Отнюдь не имея намерения свести книгу Сартра к этой частной (хотя и важной) точке зрения, скажем, что существование характеризуется там наличием внутренних дистанций и что тошнота — это реакция человека, обладающего несчастливой конституцией, на них. «Заговорщическая улыбка вещей» превращается в оскал: «Все окружавшие меня предметы состояли из той же материи, что и я, — из разновидности некрасивого страдания».
А грустная холостяцкая жизнь Рокантена, его погибшая любовь, его «испорченная жизнь», мрачная и смехотворная судьба Самоучки — разве у читателя не возникает побуждение возвести их в ранг высшей необходимости? Но где же тогда свобода? Ведь тем, кто не захочет признать этот злой рок, управляющий земным миром, угрожает самый суровый нравственный приговор: они будут причислены к «мерзавцам». Получается, что Сартр — которого нельзя ведь обвинить в эссенциализме — развил до самой высшей точки идею природы и идею трагедии. То есть и в данном случае борьба с этими идеями привела поначалу к их укреплению.
Погруженный в глубину вещей, человек перестает их даже замечать; его роль вскоре ограничивается тем, что он испытывает — от их имени — впечатления и желания, но вполне очеловеченные. «Речь идет о том, чтобы проникнуть в сердце камня и видеть мир его глазами, а не просто наблюдать его», — пишет Сартр по поводу книги Франсиса Понжа. В уста Рокантена в «Тошноте» он вложил слова: «Я был корнем каштана». Та и другая позиции связаны: в обоих случаях речь идет о том, чтобы думать «вместе с вещами», а не о них.
Понж действительно тоже мало заботится об описаниях. Конечно, он прекрасно знает, что его тексты ничем не помогут будущему археологу, который захотел бы выяснить, как выглядели такие детали нашей утраченной цивилизации, как сигарета или свеча. Без нашего повседневного пользования этими предметами относящиеся к ним фразы Понжа остаются красивыми герметичными стихотворениями.
Зато мы читаем, что ящик «оторопело спрашивает себя, почему его так неудобно поставили»; что деревья весной «радуются тому, что обмануты» и «изрыгают зелень»; что бабочка «мстит за свое долгое аморфное гусеничное унижение».

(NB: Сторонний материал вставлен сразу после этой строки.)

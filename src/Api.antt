-- ===== src/Api.antt =====
-- The Kubernetes and Gateway API objects that the program reads and writes. They are declared by
-- the k8s.io and sigs.k8s.io modules; a record here has the fields of the struct that the
-- modelled code touches, a pointer is an `Option`, and a string type is `String`.
pub mod Field
pub mod Ingress
pub mod Gateway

Неужели это и в самом деле значит «принять сторону» вещей и изображать их «с их собственной точки зрения»? Разумеется, Понж не может ошибаться до такой степени. Откровенно психологический и нравственно окрашенный антропоморфизм, который он непрерывно практикует, может, напротив, иметь только одну цель — установление всеобщего и абсолютного человеческого порядка. Утверждать, что он говорит за вещи, вместе с ними и находясь внутри их, означает в этих условиях отрицать их реальность, их непрозрачное присутствие: в мире, наполненном вещами, они становятся для человека всего лишь зеркалами, бесконечно возвращающими его собственный образ. Спокойные, прирученные, они глядят на человека его собственным взглядом.

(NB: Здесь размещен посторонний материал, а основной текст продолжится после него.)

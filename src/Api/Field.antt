-- ===== src/Api/Field.antt =====
-- Errors of k8s.io/apimachinery/pkg/util/validation/field, as the calls that make them. The bad
-- value of an error, which is only printed, is left out.
use Prim.Native.Nat.{ℕ}
use Prim.Native.String.{String}
use mathlib.Core.List.{List}
use ingress2gateway.Base.Int.{ℤ, pos}

-- `field.NewPath(names...)`, `p.Index(i)` and `p.Child(names...)`.
pub data FieldPath : Type 0 where
  new_path : List String → FieldPath
  at_index : FieldPath → ℤ → FieldPath
  child : FieldPath → List String → FieldPath

-- `p.Index(i)` for the index of a slice.
abbrev pub index : FieldPath → ℕ → FieldPath
index p i = at_index p (pos i)

-- `field.Invalid`, `field.InternalError` and `field.NotFound`.
pub data FieldError : Type 0 where
  invalid internal : FieldPath → String → FieldError
  not_found : FieldPath → FieldError

-- Go's pair of a pointer and an error, where exactly one of the two is set.
pub data Result (T : Type 0) : Type 0 where
  err : FieldError → Result T
  ok : T → Result T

Такое отражение, которое мы находим у Понжа, не лишено, разумеется, цели и смысла. Это непрерывное движение — как бы маятника — между человеком и его природными двойниками является движением активного сознания, которое хочет понять себя и преобразить себя. На страницах этих утонченных книг любой камешек, любой фрагмент дерева преподает человеку урок, выражает человека и одновременно судит его, заставляет его сделать шаг вперед. Таким образом, созерцая мир, человек непрерывно учится жизни, счастью, мудрости и смерти.

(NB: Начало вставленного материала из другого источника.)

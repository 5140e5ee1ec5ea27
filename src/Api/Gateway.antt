-- ===== src/Api/Gateway.antt =====
-- sigs.k8s.io/gateway-api/apis/v1. `HTTPBackendRef` and `GRPCBackendRef` add only filters to
-- `BackendRef`, which the modelled code leaves empty, so one record stands for the three.
use Prim.Native.Nat.{ℕ}
use Prim.Native.String.{String}
use mathlib.Core.Bool.{Bool}
use mathlib.Core.Option.{Option}
use mathlib.Core.List.{List}
use ingress2gateway.Base.Int.{ℤ}

pub record BackendRef : Type 0 where
  pub group : Option String
  pub kind : Option String
  pub name : String
  pub port : Option ℕ
  pub weight : Option ℤ

pub record HttpPathMatch : Type 0 where
  pub type : Option String
  pub value : Option String

pub record HttpHeader : Type 0 where
  pub name : String
  pub value : String

pub record HttpRouteMatch : Type 0 where
  pub path : Option HttpPathMatch
  pub headers : List HttpHeader

-- `HTTPHeaderFilter`
pub record HeaderFilter : Type 0 where
  pub set_headers : List HttpHeader
  pub add_headers : List HttpHeader
  pub remove_headers : List String

-- `HTTPRequestRedirectFilter`; `path` is the full path that replaces the request's.
pub record RequestRedirect : Type 0 where
  pub scheme : Option String
  pub hostname : Option String
  pub port : Option ℤ
  pub path : Option String
  pub status_code : Option ℤ

-- `HTTPCORSFilter`
pub record CorsFilter : Type 0 where
  pub allow_origins : List String
  pub allow_methods : List String
  pub allow_headers : List String
  pub expose_headers : List String
  pub allow_credentials : Option Bool
  pub max_age : ℤ

-- `url_rewrite` is the full path that replaces the request's. The payloads that the modelled code
-- does not look into (mirror, extension, ...) are left out.
pub record HttpRouteFilter : Type 0 where
  pub type : String
  pub request_header_modifier : Option HeaderFilter
  pub response_header_modifier : Option HeaderFilter
  pub request_redirect : Option RequestRedirect
  pub url_rewrite : Option String
  pub cors : Option CorsFilter

pub record GrpcRouteFilter : Type 0 where
  pub type : String
  pub request_header_modifier : Option HeaderFilter
  pub response_header_modifier : Option HeaderFilter

pub record HttpRouteRule : Type 0 where
  pub name : Option String
  pub matches : List HttpRouteMatch
  pub filters : List HttpRouteFilter
  pub backend_refs : List BackendRef
  pub request_timeout : Option String

-- `ParentReference`
pub record ParentRef : Type 0 where
  pub group : Option String
  pub namespace : Option String
  pub name : String
  pub section_name : Option String
  pub port : Option ℕ

pub record HttpRoute : Type 0 where
  pub namespace : String
  pub name : String
  pub parent_refs : List ParentRef
  pub hostnames : List String
  pub rules : List HttpRouteRule

pub record GrpcMethodMatch : Type 0 where
  pub service : Option String
  pub method : Option String

pub record GrpcRouteMatch : Type 0 where
  pub method : Option GrpcMethodMatch

pub record GrpcRouteRule : Type 0 where
  pub matches : List GrpcRouteMatch
  pub backend_refs : List BackendRef

pub record GrpcRoute : Type 0 where
  pub namespace : String
  pub name : String
  pub parent_refs : List ParentRef
  pub hostnames : List String
  pub rules : List GrpcRouteRule

-- A rule of a TLSRoute is its backends.
pub record TlsRoute : Type 0 where
  pub namespace : String
  pub name : String
  pub parent_refs : List ParentRef
  pub hostnames : List String
  pub rules : List (List BackendRef)

-- `LocalObjectReference`
pub record LocalRef : Type 0 where
  pub group : String
  pub kind : String
  pub name : String

-- A BackendTLSPolicy: its target is a Service of the core group.
pub record BackendTlsPolicy : Type 0 where
  pub namespace : String
  pub name : String
  pub service : String
  pub hostname : String
  pub ca_refs : List LocalRef

-- `SecretObjectReference`
pub record SecretRef : Type 0 where
  pub group : Option String
  pub kind : Option String
  pub name : String

-- `tls` is `ListenerTLSConfig.CertificateRefs`, absent where the configuration is nil, and `mode`
-- its `Mode`.
pub record Listener : Type 0 where
  pub name : String
  pub hostname : Option String
  pub port : ℕ
  pub protocol : String
  pub tls : Option (List SecretRef)
  pub mode : Option String

pub record Gateway : Type 0 where
  pub namespace : String
  pub name : String
  pub class_name : String
  pub listeners : List Listener
  pub addresses : List String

Итак, нам предлагают здесь окончательное и озаренное улыбкой примирение. Мы снова встретились с гуманистическим утверждением: мир — это человек. Но какая цена за это заплачена! Если мы оставим нравственный аспект — усовершенствование, то позиция на стороне вещей оказывается для нас теперь бесполезной. А если мы, допустим, предпочитаем мудрости свободу, мы вынуждены разбить все эти зеркала, искусно расставленные Франсисом Понжем, и тогда найдем за ними жесткие, сухие, совершенно целехонькие предметы, такие же чужие, как и раньше.